Saved entries
◆ ◆ ◆

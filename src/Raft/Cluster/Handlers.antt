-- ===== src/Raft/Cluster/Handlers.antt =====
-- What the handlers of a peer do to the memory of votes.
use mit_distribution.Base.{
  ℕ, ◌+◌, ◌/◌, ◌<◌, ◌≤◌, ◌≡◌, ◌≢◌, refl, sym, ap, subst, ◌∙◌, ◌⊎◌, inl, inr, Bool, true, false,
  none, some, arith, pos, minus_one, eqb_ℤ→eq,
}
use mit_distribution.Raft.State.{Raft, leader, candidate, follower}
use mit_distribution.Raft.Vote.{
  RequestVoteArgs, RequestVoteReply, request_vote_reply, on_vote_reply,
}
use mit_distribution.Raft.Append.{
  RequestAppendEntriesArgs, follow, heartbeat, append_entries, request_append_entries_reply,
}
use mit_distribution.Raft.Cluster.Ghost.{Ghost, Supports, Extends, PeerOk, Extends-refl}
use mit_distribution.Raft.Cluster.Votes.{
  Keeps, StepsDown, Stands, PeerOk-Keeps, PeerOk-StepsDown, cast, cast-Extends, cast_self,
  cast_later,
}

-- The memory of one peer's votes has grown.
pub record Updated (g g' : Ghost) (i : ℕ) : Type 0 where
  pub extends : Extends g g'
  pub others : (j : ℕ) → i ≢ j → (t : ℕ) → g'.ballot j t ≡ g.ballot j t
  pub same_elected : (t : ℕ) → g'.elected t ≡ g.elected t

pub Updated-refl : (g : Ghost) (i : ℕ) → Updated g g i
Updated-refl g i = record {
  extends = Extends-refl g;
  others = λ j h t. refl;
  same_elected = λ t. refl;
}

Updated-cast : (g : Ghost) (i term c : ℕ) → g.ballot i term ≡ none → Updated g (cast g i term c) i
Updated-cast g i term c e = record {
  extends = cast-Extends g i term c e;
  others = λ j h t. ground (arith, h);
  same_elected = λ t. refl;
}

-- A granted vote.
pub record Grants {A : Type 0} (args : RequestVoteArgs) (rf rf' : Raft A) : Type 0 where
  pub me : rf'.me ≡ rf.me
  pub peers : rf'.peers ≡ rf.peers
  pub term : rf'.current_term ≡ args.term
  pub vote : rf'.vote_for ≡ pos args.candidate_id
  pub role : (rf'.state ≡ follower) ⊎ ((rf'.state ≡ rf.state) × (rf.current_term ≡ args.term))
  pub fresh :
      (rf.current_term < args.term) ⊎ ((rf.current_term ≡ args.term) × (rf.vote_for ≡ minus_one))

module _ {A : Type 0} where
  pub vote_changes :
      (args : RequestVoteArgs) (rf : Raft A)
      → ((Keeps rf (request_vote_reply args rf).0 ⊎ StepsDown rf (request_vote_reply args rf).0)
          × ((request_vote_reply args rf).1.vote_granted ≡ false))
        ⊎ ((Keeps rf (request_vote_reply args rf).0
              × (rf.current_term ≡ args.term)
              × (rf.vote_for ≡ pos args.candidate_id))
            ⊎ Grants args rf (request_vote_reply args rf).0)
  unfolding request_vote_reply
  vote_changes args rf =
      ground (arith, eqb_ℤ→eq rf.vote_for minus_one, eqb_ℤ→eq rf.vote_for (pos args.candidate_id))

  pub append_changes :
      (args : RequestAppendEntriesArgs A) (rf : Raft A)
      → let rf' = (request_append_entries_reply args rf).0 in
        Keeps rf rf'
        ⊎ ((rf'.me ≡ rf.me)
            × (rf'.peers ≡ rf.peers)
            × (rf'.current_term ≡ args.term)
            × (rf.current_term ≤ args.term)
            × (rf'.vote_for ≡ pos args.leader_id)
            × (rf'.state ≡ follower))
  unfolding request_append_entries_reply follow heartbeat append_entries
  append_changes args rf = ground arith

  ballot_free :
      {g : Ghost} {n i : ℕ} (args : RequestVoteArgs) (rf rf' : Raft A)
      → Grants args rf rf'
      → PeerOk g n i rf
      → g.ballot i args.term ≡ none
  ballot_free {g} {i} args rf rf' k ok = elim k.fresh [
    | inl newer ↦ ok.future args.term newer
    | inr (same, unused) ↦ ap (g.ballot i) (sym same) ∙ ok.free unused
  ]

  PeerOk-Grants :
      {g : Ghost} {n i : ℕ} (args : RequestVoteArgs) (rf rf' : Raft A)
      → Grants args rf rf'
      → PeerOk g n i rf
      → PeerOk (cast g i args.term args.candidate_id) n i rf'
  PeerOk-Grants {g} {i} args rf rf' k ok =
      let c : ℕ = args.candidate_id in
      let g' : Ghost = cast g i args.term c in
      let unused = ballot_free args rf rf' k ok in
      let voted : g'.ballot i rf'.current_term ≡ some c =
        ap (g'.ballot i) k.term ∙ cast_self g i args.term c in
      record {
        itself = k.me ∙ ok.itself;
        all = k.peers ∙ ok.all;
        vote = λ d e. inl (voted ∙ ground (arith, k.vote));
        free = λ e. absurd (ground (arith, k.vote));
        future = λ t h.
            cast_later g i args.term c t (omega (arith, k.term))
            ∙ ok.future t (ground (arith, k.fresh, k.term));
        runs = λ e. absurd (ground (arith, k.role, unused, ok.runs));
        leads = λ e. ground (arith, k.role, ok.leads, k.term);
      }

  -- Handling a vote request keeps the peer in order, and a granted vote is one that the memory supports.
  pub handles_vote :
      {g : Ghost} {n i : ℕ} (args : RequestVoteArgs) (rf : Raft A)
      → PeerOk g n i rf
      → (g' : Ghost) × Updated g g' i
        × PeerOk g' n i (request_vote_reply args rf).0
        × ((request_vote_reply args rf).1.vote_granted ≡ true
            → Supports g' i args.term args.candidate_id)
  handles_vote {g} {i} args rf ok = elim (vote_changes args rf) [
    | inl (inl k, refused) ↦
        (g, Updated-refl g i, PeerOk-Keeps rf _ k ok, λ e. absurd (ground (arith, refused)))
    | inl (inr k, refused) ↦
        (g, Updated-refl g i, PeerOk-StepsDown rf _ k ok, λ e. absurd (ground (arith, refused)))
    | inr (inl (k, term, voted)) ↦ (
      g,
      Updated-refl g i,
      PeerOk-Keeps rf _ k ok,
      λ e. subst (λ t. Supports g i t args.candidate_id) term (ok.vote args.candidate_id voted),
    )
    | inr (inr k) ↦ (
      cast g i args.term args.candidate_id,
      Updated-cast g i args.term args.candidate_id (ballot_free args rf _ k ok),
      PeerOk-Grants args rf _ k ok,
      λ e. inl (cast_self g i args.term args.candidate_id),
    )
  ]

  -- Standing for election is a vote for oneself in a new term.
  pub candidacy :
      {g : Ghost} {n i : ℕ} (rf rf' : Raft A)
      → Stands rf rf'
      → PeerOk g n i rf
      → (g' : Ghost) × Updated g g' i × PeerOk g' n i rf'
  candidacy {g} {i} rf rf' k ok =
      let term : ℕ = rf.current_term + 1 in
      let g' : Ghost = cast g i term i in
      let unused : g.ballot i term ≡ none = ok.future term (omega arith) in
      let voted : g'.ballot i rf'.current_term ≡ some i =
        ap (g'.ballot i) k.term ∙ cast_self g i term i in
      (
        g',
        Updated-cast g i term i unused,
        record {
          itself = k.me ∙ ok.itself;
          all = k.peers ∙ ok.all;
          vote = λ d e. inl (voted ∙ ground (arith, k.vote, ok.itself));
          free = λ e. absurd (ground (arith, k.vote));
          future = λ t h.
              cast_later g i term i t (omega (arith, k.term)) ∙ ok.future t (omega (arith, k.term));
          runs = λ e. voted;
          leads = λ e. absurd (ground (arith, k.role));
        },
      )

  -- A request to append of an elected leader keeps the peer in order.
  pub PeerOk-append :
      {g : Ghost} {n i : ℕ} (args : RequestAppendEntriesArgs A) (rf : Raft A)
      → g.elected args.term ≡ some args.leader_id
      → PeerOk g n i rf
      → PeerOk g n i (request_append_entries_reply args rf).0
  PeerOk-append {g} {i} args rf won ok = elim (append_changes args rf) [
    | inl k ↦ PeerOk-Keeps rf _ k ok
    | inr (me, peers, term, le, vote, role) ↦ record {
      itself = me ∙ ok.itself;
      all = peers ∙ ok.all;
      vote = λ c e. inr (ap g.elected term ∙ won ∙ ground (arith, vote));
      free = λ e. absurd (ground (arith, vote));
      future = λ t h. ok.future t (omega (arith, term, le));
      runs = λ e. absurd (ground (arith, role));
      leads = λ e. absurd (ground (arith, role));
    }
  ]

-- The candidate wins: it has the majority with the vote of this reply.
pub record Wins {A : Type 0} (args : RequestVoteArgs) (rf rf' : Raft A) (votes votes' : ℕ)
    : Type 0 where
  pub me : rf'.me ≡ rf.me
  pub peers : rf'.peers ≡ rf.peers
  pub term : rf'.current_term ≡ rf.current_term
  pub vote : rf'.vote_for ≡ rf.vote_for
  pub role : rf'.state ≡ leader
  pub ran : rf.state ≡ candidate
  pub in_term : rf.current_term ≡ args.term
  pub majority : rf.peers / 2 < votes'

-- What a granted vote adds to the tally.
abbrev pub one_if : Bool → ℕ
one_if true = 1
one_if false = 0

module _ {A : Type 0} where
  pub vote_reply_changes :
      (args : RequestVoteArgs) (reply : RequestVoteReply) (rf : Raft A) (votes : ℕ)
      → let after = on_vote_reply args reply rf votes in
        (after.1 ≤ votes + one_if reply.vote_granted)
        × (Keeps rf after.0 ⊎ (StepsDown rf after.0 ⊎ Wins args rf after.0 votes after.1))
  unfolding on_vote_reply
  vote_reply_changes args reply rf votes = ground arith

◆ ◆ ◆

**Task to complete**: What you write must be the entries restated word for word, from the opening line through the one holding "(rf.current_term < args.term)", with nothing else.

**Completed exercise**:
filename src/Raft/Cluster/Handlers.antt
-- ===== src/Raft/Cluster/Handlers.antt =====
-- What the handlers of a peer do to the memory of votes.
use mit_distribution.Base.{
  ℕ, ◌+◌, ◌/◌, ◌<◌, ◌≤◌, ◌≡◌, ◌≢◌, refl, sym, ap, subst, ◌∙◌, ◌⊎◌, inl, inr, Bool, true, false,
  none, some, arith, pos, minus_one, eqb_ℤ→eq,
}
use mit_distribution.Raft.State.{Raft, leader, candidate, follower}
use mit_distribution.Raft.Vote.{
  RequestVoteArgs, RequestVoteReply, request_vote_reply, on_vote_reply,
}
use mit_distribution.Raft.Append.{
  RequestAppendEntriesArgs, follow, heartbeat, append_entries, request_append_entries_reply,
}
use mit_distribution.Raft.Cluster.Ghost.{Ghost, Supports, Extends, PeerOk, Extends-refl}
use mit_distribution.Raft.Cluster.Votes.{
  Keeps, StepsDown, Stands, PeerOk-Keeps, PeerOk-StepsDown, cast, cast-Extends, cast_self,
  cast_later,
}

-- The memory of one peer's votes has grown.
pub record Updated (g g' : Ghost) (i : ℕ) : Type 0 where
  pub extends : Extends g g'
  pub others : (j : ℕ) → i ≢ j → (t : ℕ) → g'.ballot j t ≡ g.ballot j t
  pub same_elected : (t : ℕ) → g'.elected t ≡ g.elected t

pub Updated-refl : (g : Ghost) (i : ℕ) → Updated g g i
Updated-refl g i = record {
  extends = Extends-refl g;
  others = λ j h t. refl;
  same_elected = λ t. refl;
}

Updated-cast : (g : Ghost) (i term c : ℕ) → g.ballot i term ≡ none → Updated g (cast g i term c) i
Updated-cast g i term c e = record {
  extends = cast-Extends g i term c e;
  others = λ j h t. ground (arith, h);
  same_elected = λ t. refl;
}

-- A granted vote.
pub record Grants {A : Type 0} (args : RequestVoteArgs) (rf rf' : Raft A) : Type 0 where
  pub me : rf'.me ≡ rf.me
  pub peers : rf'.peers ≡ rf.peers
  pub term : rf'.current_term ≡ args.term
  pub vote : rf'.vote_for ≡ pos args.candidate_id
  pub role : (rf'.state ≡ follower) ⊎ ((rf'.state ≡ rf.state) × (rf.current_term ≡ args.term))
  pub fresh :
      (rf.current_term < args.term) ⊎ ((rf.current_term ≡ args.term) × (rf.vote_for ≡ minus_one))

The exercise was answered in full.